The ITU define the acceptable delay for speech in G.114. The aim in any network is to minimize this delay, however this can be problematic as the designers of networks have no idea who or where you will be calling. You maybe calling from your IP phone in New York talking to your buddy who is on his cell phone in Asia somewhere – who knows how many different networks your call is being routed over. One of the fixed delays that can be controlled is the delay through the vocoder(voice compression algorithm).
The higher the compression rate then the larger block of data the compression algorithm needs. If we look at one of the popular algorithms used, LD-CELP, Standard ITU-T G.728(Code Excited Linear Prediction), G728, this algorithm compresses a 64Kb per second sample down to a rate of 16Kb per second. Lets assume it requires 160 bytes of voice samples before the algorithm starts to compress the data. 160 voice samples at 125us sample rate equates to 20ms to just store enough samples for the vocoder to start. It typically takes 5ms to process those 160 bytes and produce the compressed data to be sent. The 160 bytes have now been compressed to just 40 bytes. By the time we add the overhead of framing information, Forward Error Correction(FEC) and the overhead of 24 bytes for the IP Packet Header then we have to send on average about 80 bytes every 20ms. That’s the same as 4000 bytes a second or 32Kbits per second.

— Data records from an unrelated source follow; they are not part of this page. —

-- ===== src/Base/Maps.antt =====
-- Go's maps with text keys, as association lists read at the first entry of a key.
use Prim.Native.String.{String}
use mathlib.Core.Path.{◌≡◌, refl, subst}
use mathlib.Core.Logic.{inl, inr}
use mathlib.Core.Option.{Option, none, some}
use mathlib.Core.List.{List, [], ◌∷◌}
use native.Mathlib.Omega.{arith}
use text.Mathlib.TextEquality.{eq_iff}
use package.cluster_gateway.Base.Tests.{if◌then◌else◌, Bool-cases}
use package.cluster_gateway.Base.Text.{str_eq}

abbrev pub Map {ℓ} : Type ℓ → Type ℓ
Map V = List (String × V)

module _ {ℓ} {V : Type ℓ} where
  -- `v, ok := m[k]`
  unfoldable pub lookup : String → Map V → Option V
  lookup k [] = none
  lookup k ((j, v) ∷ m) = if str_eq j k then some v else lookup k m

  -- `delete(m, k)`
  unfoldable pub delete : String → Map V → Map V
  delete k [] = []
  delete k ((j, v) ∷ m) = let rest = delete k m in if str_eq j k then rest else (j, v) ∷ rest

  -- `m[k] = v`
  unfoldable pub insert : String → V → Map V → Map V
  insert k v [] = (k, v) ∷ []
  insert k v ((j, w) ∷ m) = if str_eq j k then (k, v) ∷ m else (j, w) ∷ insert k v m

  pub lookup-nil : (k : String) → lookup k [] ≡ none
  unfolding lookup
  lookup-nil k = refl

  pub lookup-delete :
      (k j : String) (m : Map V) → lookup j (delete k m) ≡ (if str_eq k j then none else lookup j m)
  unfolding lookup delete
  lookup-delete k j [] = ground arith
  lookup-delete k j ((i, v) ∷ m) =
      ground (arith, lookup-delete k j m, eq_iff i k, eq_iff i j, eq_iff k j)

  pub lookup-insert :
      (k j : String) (v : V) (m : Map V)
      → lookup j (insert k v m) ≡ (if str_eq k j then some v else lookup j m)
  unfolding lookup insert
  lookup-insert k j v [] = refl
  lookup-insert k j v ((i, w) ∷ m) =
      ground (arith, lookup-insert k j v m, eq_iff k j, eq_iff i k, eq_iff i j)

pub ruleset map_laws = (lookup-delete, lookup-insert)

-- A predicate on the entries of a map.
module _ {ℓ} {V : Type ℓ} (P : V → Type 0) where
  abbrev pub Entries : Map V → Type 0
  Entries [] = Unit
  Entries ((_, v) ∷ m) = P v × Entries m

  pub Entries-lookup : (k : String) (m : Map V) {v : V} → Entries m → lookup k m ≡ some v → P v
  unfolding lookup
  Entries-lookup k [] h e = cc
  Entries-lookup k ((j, w) ∷ m) {v} (p, h) e = elim (Bool-cases (str_eq j k)) [
    | inl same ↦ let first : w ≡ v = ground arith in subst P first p
    | inr other ↦ Entries-lookup k m h (rw other at e)
  ]

  pub Entries-delete : (k : String) (m : Map V) → Entries m → Entries (delete k m)
  unfolding delete
  Entries-delete k [] h = tt
  Entries-delete k ((j, w) ∷ m) (p, h) = elim (Bool-cases (str_eq j k)) [
    | inl same ↦ rw same (Entries-delete k m h)
    | inr other ↦ rw other (p, Entries-delete k m h)
  ]

  pub Entries-insert : (k : String) (v : V) (m : Map V) → P v → Entries m → Entries (insert k v m)
  unfolding insert
  Entries-insert k v [] q h = (q, tt)
  Entries-insert k v ((j, w) ∷ m) q (p, h) = elim (Bool-cases (str_eq j k)) [
    | inl same ↦ rw same (q, h)
    | inr other ↦ rw other (p, Entries-insert k v m q h)
  ]

-- The keys are distinct, as those of a Go map are.
module _ {ℓ} {V : Type ℓ} where
  abbrev pub IsMap : Map V → Type ℓ
  IsMap [] = Unit
  IsMap ((k, v) ∷ m) = (lookup k m ≡ none) × IsMap m

  pub IsMap-delete : (k : String) (m : Map V) → IsMap m → IsMap (delete k m)
  unfolding delete
  IsMap-delete k [] h = tt
  IsMap-delete k ((j, w) ∷ m) (p, h) = elim (Bool-cases (str_eq j k)) [
    | inl same ↦ rw same (IsMap-delete k m h)
    | inr other ↦ rw other (ground (arith, lookup-delete k j m), IsMap-delete k m h)
  ]

  pub IsMap-insert : (k : String) (v : V) (m : Map V) → IsMap m → IsMap (insert k v m)
  unfolding insert
  IsMap-insert k v [] h = (lookup-nil k, tt)
  IsMap-insert k v ((j, w) ∷ m) (p, h) = elim (Bool-cases (str_eq j k)) [
    | inl same ↦ rw same (rw (← (eq_iff j k).0 same) p, h)
    | inr other ↦
        rw other
          (ground (arith, lookup-insert k j v m, eq_iff j k, eq_iff k j), IsMap-insert k v m h)
  ]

If we increased the time between packets from 20ms to 40ms then the bandwidth required would drop to about 24Kbits per second. (120 bytes per 40ms). However the delay or latency has increased by 20ms.
For most residential users whether 24Kbits or 32Kbits are used is not a big deal, it won’t impact them surfing the web or downloading videos, songs etc. However this 25% reduction in bandwidth effectively means that businesses could gain 25% of bandwidth translating into more simultaneous phone calls per T1 and hence less T1’s required – this could be a substantial saving.
Various new voice compression algorithms are being developed. One of the most common that’s now being used compresses voice to 8Kbits per second. Giving even more calls per T1 installed. That is the real goal.